Although each side of the divide comes to the literary table with its own baggage of linguistic chauvinism – and the attendant discursive practices that have bifurcated African literature into such constructs as Anglophone African literary tradition and Francophone African tradition – the point must be made that the assimilationist ideology of French imperialism, with its belief in the superiority of Gallic civilization to all other civilizations, has not helped matters. To speak French is to be human. This arrogant ideology did not stop at trying to manufacture Black French men and women in Francophone Africa; it had to convince them that they had Gallic ancestors – nos ancetres les Gaulois! What are some of the consequences of this psychic conditioning which makes African literary actors place their Anglophone-ness or their Franchophone-ness ahead of their African-ness? We glean from Afam Akeh’s contribution to the Invisible Contexts section of this issue that the Francophone literary community in Cameroon either ‘refused’ or did not think it was necessary to pay their last respects to the recently deceased Bate Besong, a major Cameroonian writer. His crime? He spoke and wrote in English! This is an un-African, and ironic a response to a death in the ‘family’, especially considering the never-ending spiteful official French treatment of the African in the metropolis, an attitude taken to new heights by French President, Nicolas Sarkozy, as we see in Chris Dunton’s commentary in this issue.

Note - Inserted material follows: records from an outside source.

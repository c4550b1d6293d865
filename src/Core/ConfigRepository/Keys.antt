-- ===== src/Core/ConfigRepository/Keys.antt =====
-- The keys of the config bucket in the store.
use sprintframework.Common.{◌+◌, true, ◌≡◌, refl, ap}
use sprintframework.Common.{Bytes, ◌==◌, bytes_eq, ==_of_eq, ==_of_ne, drop, length, sym, ◌∙◌}
use sprintframework.Strings.{has_prefix}
use sprintframework.Strings.Laws.{has_prefix_split}
use sprintframework.Core.ConfigRepository.{raw_key, config_bucket}

pub raw_key-injective : (j k : Bytes) → raw_key j ≡ raw_key k → j ≡ k
unfolding raw_key
raw_key-injective j k h = ap (drop 7) h

pub eq-raw_key : (j k : Bytes) → (raw_key j == raw_key k) ≡ (j == k)
eq-raw_key j k = elim (bytes_eq.dec j k) [
  | yes e ↦ ==_of_eq _ _ (ap raw_key e) ∙ sym (==_of_eq j k e)
  | no n ↦ ==_of_ne _ _ (λ e. n (raw_key-injective j k e)) ∙ sym (==_of_ne j k n)
]

-- Behind the bucket's name and its colon stands the key.
pub drop-raw_key : (key : Bytes) → drop (length config_bucket + 1) (raw_key key) ≡ key
unfolding raw_key
drop-raw_key key = refl

pub has_prefix-raw_key :
    (key prefix : Bytes) → has_prefix (raw_key key) (raw_key prefix) ≡ has_prefix key prefix
unfolding raw_key has_prefix
has_prefix-raw_key key prefix = refl

-- A key of the store under a prefix in the bucket is the raw key of what an enumeration hands on.
pub raw_key-drop :
    (key prefix : Bytes)
    → has_prefix key (raw_key prefix) ≡ true
    → raw_key (drop (length config_bucket + 1) key) ≡ key
unfolding raw_key
raw_key-drop key prefix h = rw (has_prefix_split key (raw_key prefix) h)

But there are more literary consequences to this situation. In the last two decades, African literary production has been dominated on both sides by writers born mostly after 1960. In Anglophone Africa, especially Nigeria, they are referred to as the “third generation”, a term globalized in the numerous collaborative efforts of Pius Adesanmi and Chris Dunton. In Francophone Africa, they are known as migritude writers or, “children of the postcolony” in the more famous formulation of Abdourahman Waberi, who features prominently in this issue. In essence, the new phase of African literature springs from the writings of Yvonne Vera, Tsitsi Dangarembga, Moses Isegawa, Chimamanda Ngozi Adichie, Chris Abani, Sefi Atta, Helon Habila, Jude Dibia, Remi Raji, Uche Nduka, and Ogaga Ifowodo on the Anglophone side. The Francophone side responds with Abdourahman Waberi, Bessora, Alain Mabanckou, Kossi Effoui, Calixthe Beyala, Fatou Diome, Jean-Roger Essomba and so many others. Yet, each generation, resolutely on its side of the curtain, demonstrates no serious awareness of the other. I moderate krazitivity, an internet discussion group which comprises most actors – writers, artists, critics – in the Nigerian third generation literary process. I am often amazed at how easily we make sweeping statements about African literature, valid, of course only for Anglophone Africa, and assume, naturally, that we are speaking for the whole of African literature. Pius Adesanmi, who labels commentators who have no awareness of the other side, “one-legged commentators on African literature”, has informed me of a similar attitude on the part of the Francophones. By taking three of the Francophone “children of the postcolony” to our Anglophone readers, this special issue of Gboungboun will hopefully serve as a bridge-building effort. Our Commentary section assembles some of the most formidable thinkers in the business – Ken Harrow, Chantal Zabus, Chris Dunton, Obed Nkunzimana and Alexie Tcheuyap. Their essays offer a window into topical issues in Francophone African literatures to our Anglophone audience. We thank Ramonu Abiodun Sanusi for guest-editing the issue and Pius Adesanmi for sourcing materials from key specialists of French and Francophone literatures and cultures.
From the Guest Editor
Guest Editor

Dr. Ramonu Abiodun Sanusi teaches French and Francophone Literatures at George Mason University, Fairfax, Virginia. Apart from scholarly publications, he has published three novels and a poetry collection.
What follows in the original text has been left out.